Ehh... sorry but Castellano is The oficial lenguage in Spain and it comes from “Castilla”: region of Spain 
We say: argentino, venezolano, colombiano etc to name The different variations of spanish particular from each country in middle and south america



Rashit said:


> Hi,
> 
> La g se pronuncia como la j cuando es seguida de las vocales e e i. Se pronuncia como la g en la palabra inglesa “game” cuando es seguida de a, o y u. Para que tenga esta misma pronunciación con la e y la i hay que poner una u entre ellas: guerra, guitarra por ejemplo
> 
> started learning Spanish (Castilian, not Latin American). One of the first things I noticed was that the "g" in "algo" is not pronounced like the "g" in English. It seems to be a fricative, much like the French and German "r". Could someone tell me if this is how they pronounce "algo" in Spain? Thanks.



D


merquiades said:


> There are actually three sounds for "g" in Spanish.
> 1)  [x]  Before e and i it is a very harsh sound, the same as the J and equivalent to the Russian sound in X or German ch.  Gente, Gijón
> 2)  [g[ At the beginning of a word or preceded by a consonant and then followed by a, o, u or a consonant, it is pronounced like the G in English "girl". Gato, Tengo
> 3) *[ɣ]* When preceded by any vowel and then followed by a,o,u it is a very weak sound similar to the French r, but weaker:  Agua, Lago, Amiga


The esconde and The third are The same, there are just to ways to pronounce g in Castellano, even though you they may sound different to you because it’s Not that stressed being in The middle of a word


----------



## Palomi666

Rashit said:


> Hi,
> 
> I just started learning Spanish (Castilian, not Latin American). One of the first things I noticed was that the "g" in "algo" is not pronounced like the "g" in English. It seems to be a fricative, much like the French and German "r". Could someone tell me if this is how they pronounce "algo" in Spain? Thanks.



Hi, Rashit.

This is such an interesting question you asked. I’ll try to be concise.

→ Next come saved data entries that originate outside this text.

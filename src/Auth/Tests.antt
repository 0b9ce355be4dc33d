-- ===== src/Auth/Tests.antt =====
-- The authentication service on the sample state.
use cpy_q.Prelude.{
  ℕ, ◌≡◌, ◌≢◌, refl, ◌⊎◌, ◌<◌, Bool, ◌&&◌, true, false, Option, none, some, [], length, elem, arith,
  ◌==◌, if◌then◌else◌,
}
use cpy_q.Prelude.Dict.{lookup}
use cpy_q.Prelude.Raises.{returns, raises}
use cpy_q.Access.{User}
use cpy_q.Token.{Secrets, expired}
use cpy_q.Server.Action.{missing_key, invalid_key}
use cpy_q.Server.Sample.{owner, sample}
use cpy_q.Auth.{check_key, tokens_in, tokens_of, set_default, issue, LoginBody, login, refresh}
use cpy_q.Auth.Keys.{IsKeyed}
use cpy_q.Auth.Issue.{IsLimited}
use cpy_q.Auth.Login.{Authenticates, login-IsLimited, login-Authenticates, login-keys}
use cpy_q.Auth.SessionCopy.{issue-copies}
use cpy_q.Auth.Rotation.{IsUsable, check_key_cases, refresh_rotates}
use cpy_q.Auth.Sweep.{sweep_tokens}
use cpy_q.Auth.SweptTables.{unexpired_lookup, sweep_tokens-keys}

abbrev fresh : Secrets
fresh = record { id = 2; access = 11; refresh = 21 }

abbrev used_key : ℕ
used_key = 10

abbrev free_key : ℕ
free_key = 30

sample_own : (k id : ℕ) → lookup k sample.key_to_token ≡ some id → (10 ≡ k) ⊎ (20 ≡ k)
unfolding lookup
sample_own k id e = ground arith

sample_id : (k id : ℕ) → lookup k sample.key_to_token ≡ some id → some 1 ≡ some id
unfolding lookup
sample_id k id e = ground arith

sample-IsKeyed : IsKeyed sample
unfolding lookup
sample-IsKeyed = record { own = sample_own; access = sample_id; refresh = sample_id }

second_free : (k : ℕ) → lookup k sample.key_to_token ≢ some 2
second_free k e = cc (sample_id k 2 e)

sample-IsLimited : IsLimited sample
unfolding tokens_in lookup
sample-IsLimited u = ground arith

check_key_cases_example :
    (check_key 50 none false sample ≡ (raises missing_key, sample))
    × (((check_key 50 (some 10) false sample ≡ (returns tt, sample))
          × ((id : ℕ) × (lookup 10 sample.key_to_token ≡ some id)
              × IsUsable 50 false (sample.tokens id)))
        ⊎ ((check_key 50 (some 10) false sample ≡ (raises invalid_key, sample))
            × ((id : ℕ)
                → lookup 10 sample.key_to_token ≡ some id
                → ¬ IsUsable 50 false (sample.tokens id))))
check_key_cases_example = check_key_cases 50 10 false sample

refresh_rotates_example :
    let (r, srv') = refresh 50 fresh (some 20) sample in
    (r ≡ returns 1)
    × (lookup 11 srv'.key_to_token ≡ some 1)
    × (lookup 21 srv'.key_to_token ≡ some 1)
    × (lookup 10 srv'.key_to_token ≡ none)
    × (lookup 20 srv'.key_to_token ≡ none)
    × (lookup free_key sample.key_to_token ≢ some 1
        → free_key ≢ fresh.access
        → free_key ≢ fresh.refresh
        → lookup free_key srv'.key_to_token ≡ lookup free_key sample.key_to_token)
    × IsKeyed srv'
unfolding lookup expired
refresh_rotates_example =
    refresh_rotates 50 1 fresh sample sample-IsKeyed 20 refl refl refl refl free_key

-- The password of user 7, whose name is 70, is 77, and its hash 777.
abbrev check_password : ℕ → ℕ → Bool
check_password password hashed = (hashed == 777) && (password == 77)

abbrev get_user : ℕ → Option (User × ℕ)
get_user name = if name == 70 then some (owner, 777) else none

abbrev body : LoginBody
body = record { username = some 70; password = some 77; session_id = some 300; hashable = true }

login-IsLimited_example : IsLimited (login check_password get_user 50 fresh 301 body sample).1
login-IsLimited_example =
    login-IsLimited check_password get_user 50 fresh 301 body sample sample-IsLimited

login_2 : (login check_password get_user 50 fresh 301 body sample).0 ≡ returns 2
unfolding login issue set_default tokens_in lookup
login_2 = refl

login-Authenticates_example :
    (user : User) × Authenticates check_password get_user 50 fresh 301 body sample user
    × (length (tokens_of user.id sample) < 2)
login-Authenticates_example =
    login-Authenticates check_password get_user 50 fresh 301 body sample 2 login_2

login-keys_example :
    let srv' = (login check_password get_user 50 fresh 301 body sample).1 in
    (lookup 11 srv'.key_to_token ≡ some 2)
    × (lookup 21 srv'.key_to_token ≡ some 2)
    × ((user : User) × Authenticates check_password get_user 50 fresh 301 body sample user
        × (elem 2 (tokens_of user.id srv') ≡ true))
    × (used_key ≢ fresh.access
        → used_key ≢ fresh.refresh
        → lookup used_key srv'.key_to_token ≡ lookup used_key sample.key_to_token)
    × IsKeyed srv'
unfolding lookup
login-keys_example =
    login-keys check_password get_user 50 fresh 301 body sample 2 used_key sample-IsKeyed
      second_free refl refl login_2

issue_2 : (issue 50 fresh 301 (some 300) owner sample).0 ≡ returns 2
unfolding issue set_default tokens_in lookup
issue_2 = refl

issue-copies_example :
    let srv' = (issue 50 fresh 301 (some 300) owner sample).1 in
    let copy = (srv'.tokens 2).session in
    (lookup 300 srv'.session_id_to_session ≡ some 0)
    × (copy ≢ 0)
    × ((srv'.sessions copy).id ≡ (srv'.sessions 0).id)
    × ((srv'.sessions copy).resource_id ≡ (srv'.sessions 0).resource_id)
    × ((srv'.sessions copy).connections ≡ [])
    × (srv'.sessions 0 ≡ sample.sessions 0)
unfolding lookup
issue-copies_example =
    issue-copies 50 fresh 301 300 0 owner sample 2 refl refl (omega arith) issue_2

sweep_tokens-keys_example :
    let srv' = (sweep_tokens 5000 sample).0 in
    (lookup 10 srv'.key_to_token ≡ unexpired_lookup 5000 sample 10)
    × (srv'.tokens ≡ sample.tokens)
    × IsKeyed srv'
sweep_tokens-keys_example = sweep_tokens-keys 5000 10 sample sample-IsKeyed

- Your question has nothing to do with the “j” sound of letter “g” before letters e, i. It’s about the /g/ sound in _ga, go, gu_ and _gue, gui_. (/ga/, /ge/, /gi/, /go/, /gu/.)

- Indeed, in Spanish language we have two types of /g/:

   1. The strong one, which exists also in english, french, german... (/g/ in _gate_).
   2. The soft one, which is a unique consonant in Spanish language and other peninsular languages. We can represent it with /ɣ/.

- This is a phenomenon which occurs with the three voiced occlusive consonants: /b/, /d/, /g/ (“bodega” mnemonic rule). Every time they appear between vocalic letters they become pronounced softly:
   Boca - /b/
   Abuelo - /β/
   Dato - /d/
   Oda - /ð/
   Gato - /g/
   Toga - /ɣ/

/β/, /ð/, /ɣ/ are the approximant version of occlusive /b/, /d/, /g/ consonantic sounds.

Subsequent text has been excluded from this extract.